This approach could be more versatile than grippers or suction

4 min read
A pair of white robot hands each have a black tube attached. The tubes are pressed against the sides of a cardboard box to lift it.
Screenshot: Dextrous Robotics

Hype aside, there aren’t necessarily all that many areas where robots have the potential to step into an existing workflow and immediately provide a substantial amount of value. But one of the areas that we have seen several robotics companies jump into recently is box manipulation—specifically, using robots to unload boxes from the back of a truck, ideally significantly faster than a human. This is a good task for robots because it plays to their strengths: you can work in a semi-structured and usually predictable environment, speed, power, and precision are all valued highly, and it’s not a job that humans are particularly interested in or designed for.

One of the more novel approaches to this task comes from Dextrous Robotics, a Memphis TN-based startup led by Evan Drumwright. Drumwright was a professor at GWU before spending a few years at the Toyota Research Institute and then co-founding Dextrous in 2019 with an ex-student of his, Sam Zapolsky. The approach that they’ve come up with is to do box manipulation without any sort of suction, or really any sort of grippers at all. Instead, they’re using what can best be described as a pair of moving arms, each gripping a robotic chopstick.

We can pick up basically anything using chopsticks. If you're good with chopsticks, you can pick up individual grains of rice, and you can pick up things that are relatively large compared to the scale of the chopsticks. Your imagination is about the limit, so wouldn't it be cool if you had a robot that could manipulate things with chopsticks? —Evan Drumwright

It definitely is cool, but are there practical reasons why using chopsticks for box manipulation is a good idea? Of course there are! The nice thing about chopsticks is that they really can grip almost anything (even if you scale them up), making them especially valuable in constrained spaces where you’ve got large disparities in shapes and sizes and weights. They’re good for manipulation, too, able to nudge and reposition things with precision. And while Dextrous is initially focused on a trailer unloading task, having this extra manipulation capability will allow them to consider more difficult manipulation tasks in the future, like trailer loading, a task that necessarily happens just as often as unloading does but which is significantly more complicated to robot-ize. 

Even though there are some clear advantages to Dextrous’ chopstick technique, there are disadvantages as well, and the biggest one is likely that it’s just a lot harder to use a manipulation technique like this. “The downside of the chopsticks approach is, as any human will tell you, you need some sophisticated control software to be able to operate,” Drumwright tells us. “But that’s part of what we bring to the game: not just a clever hardware design, but the software to operate it, too.”
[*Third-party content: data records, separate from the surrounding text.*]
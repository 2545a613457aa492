-- ===== src/Trace/Ranks.antt =====
-- About src/core/trace.ts: the percentiles of the histogram are those of the delays that it counts.
use cross_tab_worker_databus.Base.{
  ℕ, zero, suc, ◌+◌, ◌*◌, ◌/◌, ◌≤◌, ◌<◌, ◌≡◌, refl, sym, ap, subst, ◌∙◌, some, List, [], ◌∷◌, arith,
  dec_le, ltb, ◌==◌, if◌then◌else◌, length, take, filterb, nat_has_eq, if_false,
}
use cross_tab_worker_databus.Trace.Histogram.{
  latency_bucket_count, latency_bucket_size_ms, bucket_index, bump, zeros, Percentile, p50, p95,
  p100, rank, walk, midpoint, percentile_ms,
}

-- The histogram of some delays.
abbrev pub tally : List ℕ → List ℕ
tally [] = zeros latency_bucket_count
tally (d ∷ delays) = bump (bucket_index d) (tally delays)

abbrev pub sum : List ℕ → ℕ
sum [] = 0
sum (n ∷ ns) = n + sum ns

-- How many of the delays lie in a bucket below `k`.
abbrev pub below : ℕ → List ℕ → ℕ
below k delays = length (filterb (λ d. ltb (bucket_index d) k) delays)

-- The time that the bucket of the delay of the given rank stands for, if there is a delay.
abbrev pub IsPercentile : Percentile → List ℕ → ℕ → Type 0
IsPercentile p [] ms = ms ≡ 0
IsPercentile p (d ∷ delays) ms =
    (k : ℕ) × (k < latency_bucket_count)
    × (ms ≡ k * latency_bucket_size_ms + latency_bucket_size_ms / 2)
    × (below k (d ∷ delays) < rank p (length (d ∷ delays)))
    × (rank p (length (d ∷ delays)) ≤ below (suc k) (d ∷ delays))

length-bump : (i : ℕ) (buckets : List ℕ) → length (bump i buckets) ≡ length buckets
length-bump i [] = refl
length-bump zero (b ∷ buckets) = refl
length-bump (suc i) (b ∷ buckets) = omega (arith, length-bump i buckets)

pub length-tally : (delays : List ℕ) → length (tally delays) ≡ latency_bucket_count
length-tally [] = refl
length-tally (d ∷ delays) = length-bump (bucket_index d) (tally delays) ∙ length-tally delays

sum-take-bump :
    (k i : ℕ) (buckets : List ℕ)
    → i < length buckets
    → sum (take k (bump i buckets))
      ≡ (if ltb i k then suc (sum (take k buckets)) else sum (take k buckets))
sum-take-bump zero i buckets h = ground arith
sum-take-bump (suc k) i [] h = absurd (omega arith)
sum-take-bump (suc k) zero (b ∷ buckets) h = ground arith
sum-take-bump (suc k) (suc i) (b ∷ buckets) h = ground (arith, sum-take-bump k i buckets)

sum-take-zeros : (k n : ℕ) → sum (take k (zeros n)) ≡ 0
sum-take-zeros zero n = refl
sum-take-zeros (suc k) zero = refl
sum-take-zeros (suc k) (suc n) = omega (arith, sum-take-zeros k n)

bucket_index-lt : (d : ℕ) → bucket_index d < latency_bucket_count
unfolding bucket_index
bucket_index-lt d = omega arith

-- The first buckets of the histogram hold the delays below them.
sum-take-tally : (k : ℕ) (delays : List ℕ) → sum (take k (tally delays)) ≡ below k delays
sum-take-tally k [] = sum-take-zeros k latency_bucket_count
sum-take-tally k (d ∷ delays) =
    let at =
      sum-take-bump k (bucket_index d) (tally delays)
        (subst (λ n. bucket_index d < n) (sym (length-tally delays)) (bucket_index-lt d)) in
    ground (arith, at, sum-take-tally k delays)

take-all {ℓ} : {A : Type ℓ} (n : ℕ) (xs : List A) → length xs ≤ n → take n xs ≡ xs
take-all zero [] h = refl
take-all zero (x ∷ xs) h = absurd (omega arith)
take-all (suc n) [] h = refl
take-all (suc n) (x ∷ xs) h = ap (λ ys. x ∷ ys) (take-all n xs (omega arith))

below-all : (delays : List ℕ) → below latency_bucket_count delays ≡ length delays
below-all [] = refl
below-all (d ∷ delays) = ground (arith, bucket_index-lt d, below-all delays)

pub sum-tally : (delays : List ℕ) → sum (tally delays) ≡ length delays
sum-tally delays =
    ap sum (
      sym (
        take-all latency_bucket_count (tally delays)
          (subst (λ n. n ≤ latency_bucket_count) (sym (length-tally delays)) (omega arith))))
    ∙ sum-take-tally latency_bucket_count delays
    ∙ below-all delays

-- The bucket at which the loop stops.
unfoldable Found : ℕ → ℕ → ℕ → List ℕ → Type 0
Found rank seen index buckets =
    (j : ℕ) × (j < length buckets)
    × (walk rank seen index buckets ≡ some (index + j))
    × (seen + sum (take j buckets) < rank)
    × (rank ≤ seen + sum (take (suc j) buckets))

walk-stops :
    (rank seen index : ℕ) (buckets : List ℕ)
    → seen < rank
    → rank ≤ seen + sum buckets
    → Found rank seen index buckets
unfolding Found
walk-stops rank seen index [] l h = absurd (omega arith)
walk-stops rank seen index (b ∷ buckets) l h = elim (dec_le rank (seen + b)) [
  | yes q ↦ (0, omega arith, ground arith, omega arith, omega arith)
  | no q ↦
      let (j, jl, e, lo, hi) =
        walk-stops rank (seen + b) (index + 1) buckets (omega arith) (omega arith) in
      (suc j, omega arith, ground arith, omega arith, omega arith)
]

-- The ranks of a percentile are those of a sample.
unfoldable pub RanksOf : Percentile → Type 0
RanksOf p = (n : ℕ) → 0 < n → (0 < rank p n) × (rank p n ≤ n)

pub p50-RanksOf : RanksOf p50
unfolding RanksOf rank
p50-RanksOf n l = (omega arith, omega arith)

pub p95-RanksOf : RanksOf p95
unfolding RanksOf rank
p95-RanksOf n l = (omega arith, omega arith)

pub p100-RanksOf : RanksOf p100
unfolding RanksOf rank
p100-RanksOf n l = (omega arith, omega arith)

stopped :
    (p : Percentile) (delays : List ℕ) (j : ℕ)
    → walk (rank p (length delays)) 0 0 (tally delays) ≡ some (0 + j)
    → 0 < length delays
    → percentile_ms (tally delays) (length delays) p
      ≡ j * latency_bucket_size_ms + latency_bucket_size_ms / 2
unfolding percentile_ms
stopped p delays j e l =
    if_false (length delays == 0) 0
      (midpoint (length (tally delays)) (walk (rank p (length delays)) 0 0 (tally delays)))
      (ground arith)
    ∙ ap (midpoint (length (tally delays))) e
    ∙ omega arith

none_read : (p : Percentile) → percentile_ms (tally []) 0 p ≡ 0
unfolding percentile_ms
none_read p = refl

-- What is read from the histogram of some delays is their percentile.
pub percentile_ms-IsPercentile :
    (p : Percentile) (delays : List ℕ)
    → RanksOf p
    → IsPercentile p delays (percentile_ms (tally delays) (length delays) p)
unfolding RanksOf Found
percentile_ms-IsPercentile p [] r = none_read p
percentile_ms-IsPercentile p (d ∷ delays) r =
    let ds = d ∷ delays in
    let (lo, hi) = r (length ds) (omega arith) in
    let total = sum-tally ds in
    let (j, jl, e, before, until) =
      walk-stops (rank p (length ds)) 0 0 (tally ds) (omega arith) (omega arith) in
    (
      j,
      subst (λ n. j < n) (length-tally ds) jl,
      stopped p ds j e (omega arith),
      (let at = sum-take-tally j ds in omega arith),
      (let at = sum-take-tally (suc j) ds in omega arith),
    )
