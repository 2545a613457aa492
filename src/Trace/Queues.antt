-- ===== src/Trace/Queues.antt =====
-- About src/core/trace.ts: the queues of receive times stay within their two caps, and no receive time
-- is made up.
use cross_tab_worker_databus.Base.{
  ℕ, ◌+◌, ◌≤◌, ◌<◌, ◌≡◌, sym, subst, Option, none, some, List, [], ◌∷◌, ◌++◌, arith, dec_le, length,
  length-append, All, All-In, nat_has_eq,
}
use cross_tab_worker_databus.Base.JsMap.{
  JsMap, get, set, delete, set_absent, get-In, UniqueKeys, UniqueKeys-set, UniqueKeys-delete,
  length-delete-le, All-set, All-delete,
}
use cross_tab_worker_databus.Base.JsString.{Text, text_has_eq}
use cross_tab_worker_databus.Trace.Window.{
  Reading, max_pending_topics, max_pending_messages_per_topic, admit, shift,
}

abbrev pub Queues : Type 0
Queues = JsMap Text (List Reading)

-- How many receive times wait for their dispatch.
abbrev pub waiting : Queues → ℕ
waiting [] = 0
waiting ((topic, queue) ∷ m) = length queue + waiting m

abbrev pub Fits : Text × List Reading → Type 0
Fits e = (0 < length e.1) × (length e.1 ≤ max_pending_messages_per_topic)

-- No more topics than the cap, each once, with a queue within its cap that is not empty.
abbrev pub AreCapped : Queues → Type 0
AreCapped m = (length m ≤ max_pending_topics) × UniqueKeys m × All Fits m

-- How many receive times a shift takes.
abbrev pub taken : Option (List Reading) → ℕ
taken none = 0
taken (some []) = 0
taken (some (at ∷ queue)) = 1

waiting-append : (m n : Queues) → waiting (m ++ n) ≡ waiting m + waiting n
waiting-append [] n = omega arith
waiting-append ((k, q) ∷ m) n = omega (arith, waiting-append m n)

waiting-set :
    (k : Text) (q r : List Reading) (m : Queues)
    → get k m ≡ some q
    → waiting (set k r m) + length q ≡ waiting m + length r
unfolding get set
waiting-set k q r [] h = cc
waiting-set k q r ((j, s) ∷ m) h = ground (arith, waiting-set k q r m)

waiting-delete-le : (k : Text) (m : Queues) → waiting (delete k m) ≤ waiting m
unfolding delete
waiting-delete-le k [] = omega arith
waiting-delete-le k ((j, s) ∷ m) = ground (arith, waiting-delete-le k m)

waiting-delete :
    (k : Text) (q : List Reading) (m : Queues)
    → get k m ≡ some q
    → waiting (delete k m) + length q ≤ waiting m
unfolding get delete
waiting-delete k q [] h = cc
waiting-delete k q ((j, s) ∷ m) h = ground (arith, waiting-delete k q m, waiting-delete-le k m)

length-set :
    (k : Text) (q r : List Reading) (m : Queues) → get k m ≡ some q → length (set k r m) ≡ length m
unfolding get set
length-set k q r [] h = cc
length-set k q r ((j, s) ∷ m) h = ground (arith, length-set k q r m)

replaced :
    (k : Text) (q r : List Reading) (m : Queues)
    → get k m ≡ some q
    → AreCapped m
    → 0 < length r
    → length r ≤ max_pending_messages_per_topic
    → AreCapped (set k r m)
replaced k q r m h (c, u, f) l b = (
  subst (λ n. n ≤ max_pending_topics) (sym (length-set k q r m h)) c,
  UniqueKeys-set k r m u,
  All-set Fits k r m f (λ j. (l, b)),
)

pub admit-AreCapped :
    (topic : Text) (now : Reading) (m : Queues) (o : Option (List Reading))
    → get topic m ≡ o
    → AreCapped m
    → AreCapped (admit topic now m o) × (waiting (admit topic now m o) ≤ waiting m + 1)
unfolding admit
admit-AreCapped topic now m none h (c, u, f) = elim (dec_le max_pending_topics (length m)) [
  | yes q ↦ ground arith
  | no q ↦
      let e = set_absent topic (now ∷ []) m h in
      let n = length-append m ((topic, now ∷ []) ∷ []) in
      let w = waiting-append m ((topic, now ∷ []) ∷ []) in
      let unique = UniqueKeys-set topic (now ∷ []) m u in
      let fit = All-set Fits topic (now ∷ []) m f (λ j. (omega arith, omega arith)) in ground arith
]
admit-AreCapped topic now m (some queue) h v =
    elim (dec_le max_pending_messages_per_topic (length queue)) [
      | yes q ↦ ground arith
      | no q ↦
          let n = length-append queue (now ∷ []) in
          let w = waiting-set topic queue (queue ++ now ∷ []) m h in
          let r = replaced topic queue (queue ++ now ∷ []) m h v (omega arith) (omega arith) in
          ground arith
    ]

pub shift-AreCapped :
    (topic : Text) (m : Queues) (o : Option (List Reading))
    → get topic m ≡ o
    → AreCapped m
    → AreCapped (shift topic m o) × (waiting (shift topic m o) + taken o ≤ waiting m)
unfolding shift
shift-AreCapped topic m none h v = (v, omega arith)
shift-AreCapped topic m (some []) h (c, u, f) =
    let l = length-delete-le topic m in
    (
      (omega arith, UniqueKeys-delete topic m u, All-delete Fits topic m f),
      omega (arith, waiting-delete topic [] m h),
    )
shift-AreCapped topic m (some (at ∷ [])) h (c, u, f) =
    let l = length-delete-le topic m in
    (
      (omega arith, UniqueKeys-delete topic m u, All-delete Fits topic m f),
      omega (arith, waiting-delete topic (at ∷ []) m h),
    )
shift-AreCapped topic m (some (at ∷ next ∷ queue)) h v =
    let (l, b) =
      All-In Fits (topic, at ∷ next ∷ queue) m v.2 (get-In topic (at ∷ next ∷ queue) m h) in
    let w = waiting-set topic (at ∷ next ∷ queue) (next ∷ queue) m h in
    let r = replaced topic (at ∷ next ∷ queue) (next ∷ queue) m h v (omega arith) (omega arith) in
    ground arith
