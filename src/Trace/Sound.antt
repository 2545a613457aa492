-- ===== src/Trace/Sound.antt =====
-- About src/core/trace.ts: what each call does to the window, against a reference that keeps every
-- measured delay.
use cross_tab_worker_databus.Base.{
  ℕ, ◌+◌, ◌≤◌, ◌≡◌, refl, ap, Option, none, some, List, [], ◌∷◌, arith, length, nat_has_eq,
}
use cross_tab_worker_databus.Base.JsMap.{get, set}
use cross_tab_worker_databus.Base.JsString.{Text, text_has_eq}
use cross_tab_worker_databus.Trace.Histogram.{bucket_index, bump}
use cross_tab_worker_databus.Trace.Window.{
  Reading, Window, empty_window, shift, received_timestamp, measured, sample, dispatch_delay,
  receive, discard, dispatch,
}
use cross_tab_worker_databus.Trace.Ranks.{tally, sum}
use cross_tab_worker_databus.Trace.Queues.{
  waiting, AreCapped, taken, admit-AreCapped, shift-AreCapped,
}

-- The histogram, the count and the sum are those of the delays; every sample has a dispatch and a
-- receive of its own, and the queues are within their caps.
abbrev pub IsSound : Window → List ℕ → Type 0
IsSound w delays =
    AreCapped w.received_at
    × (w.latency_buckets ≡ tally delays)
    × (w.latency_samples ≡ length delays)
    × (w.latency_sum_ms ≡ sum delays)
    × (w.latency_samples ≤ w.dispatched)
    × (w.latency_samples + waiting w.received_at ≤ w.received)

-- The reference: the delays with the one that is measured, if there is one.
abbrev pub with_delay : Option ℕ → List ℕ → List ℕ
with_delay none delays = delays
with_delay (some d) delays = d ∷ delays

abbrev one_of : Option ℕ → ℕ
one_of none = 0
one_of (some d) = 1

pub empty_window-IsSound : IsSound empty_window []
empty_window-IsSound = ((omega arith, tt, tt), refl, refl, refl, omega arith, omega arith)

pub receive-IsSound :
    (topic : Text) (now : Reading) (w : Window) (delays : List ℕ)
    → IsSound w delays
    → IsSound (receive topic now w) delays
unfolding receive
receive-IsSound topic now w delays (q, b, n, s, d, r) =
    let (q', l) = admit-AreCapped topic now w.received_at (get topic w.received_at) refl q in
    (q', b, n, s, d, omega arith)

pub discard-IsSound :
    (topic : Text) (w : Window) (delays : List ℕ)
    → IsSound w delays
    → IsSound (discard topic w) delays
unfolding discard
discard-IsSound topic w delays (q, b, n, s, d, r) =
    let (q', l) = shift-AreCapped topic w.received_at (get topic w.received_at) refl q in
    (q', b, n, s, d, omega arith)

-- A delay is measured only from a receive time that is taken from its queue.
measured-taken :
    (o : Option (List Reading)) (now : Reading)
    → one_of (measured (received_timestamp o) now) ≤ taken o
measured-taken none now = omega arith
measured-taken (some []) now = omega arith
measured-taken (some (none ∷ queue)) now = omega arith
measured-taken (some (some at ∷ queue)) none = omega arith
measured-taken (some (some at ∷ queue)) (some t) = omega arith

sample-IsSound :
    (w : Window) (delays : List ℕ) (o : Option ℕ)
    → AreCapped w.received_at
    → w.latency_buckets ≡ tally delays
    → w.latency_samples ≡ length delays
    → w.latency_sum_ms ≡ sum delays
    → w.latency_samples + one_of o ≤ w.dispatched
    → w.latency_samples + waiting w.received_at + one_of o ≤ w.received
    → IsSound (sample w o) (with_delay o delays)
unfolding sample
sample-IsSound w delays none q b n s d r = (q, b, n, s, omega arith, omega arith)
sample-IsSound w delays (some m) q b n s d r =
    (q, ap (bump (bucket_index m)) b, omega arith, omega arith, omega arith, omega arith)

one_of-le : (o : Option ℕ) → one_of o ≤ 1
one_of-le none = omega arith
one_of-le (some d) = omega arith

pub dispatch-IsSound :
    (topic : Text) (now : Reading) (w : Window) (delays : List ℕ)
    → IsSound w delays
    → IsSound (dispatch topic now w) (with_delay (dispatch_delay topic now w) delays)
unfolding dispatch dispatch_delay
dispatch-IsSound topic now w delays (q, b, n, s, d, r) =
    let (q', l) = shift-AreCapped topic w.received_at (get topic w.received_at) refl q in
    let t = measured-taken (get topic w.received_at) now in
    let one = one_of-le (dispatch_delay topic now w) in
    sample-IsSound
      (record w {
        dispatched = w.dispatched + 1;
        topics = set topic tt w.topics;
        received_at = shift topic w.received_at (get topic w.received_at);
      })
      delays (dispatch_delay topic now w) q' b n s (omega arith) (omega arith)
Meanwhile, what we’ve seen so far from othercompanies in this space is pretty consistent use of suction systems for box handling. If you have a flat, non-permeable surface (as with most boxes), suction can work quickly and reliably and with a minimum of fancy planning. However, suction has limits form of manipulation, because it’s inherently so sticky, meaning that it can be difficult and/or time consuming to do anything with precision. Other issues with suction include its sensitivity to temperature and moisture, its propensity to ingest all the dirt it possibly can, and the fact that you need to design the suction array based on the biggest and heaviest things that you anticipate having to deal with. That last thing is a particular problem because if you also want to manipulate smaller objects, you’re left trying to do so with a suction array that’s way bigger than you’d like it to be. This is not to say that suction is inferior in all cases, and Drumwright readily admits that suction will probably prove to be a good option for some specific tasks. But chopstick manipulation, if they can get it to work, will be a lot more versatile.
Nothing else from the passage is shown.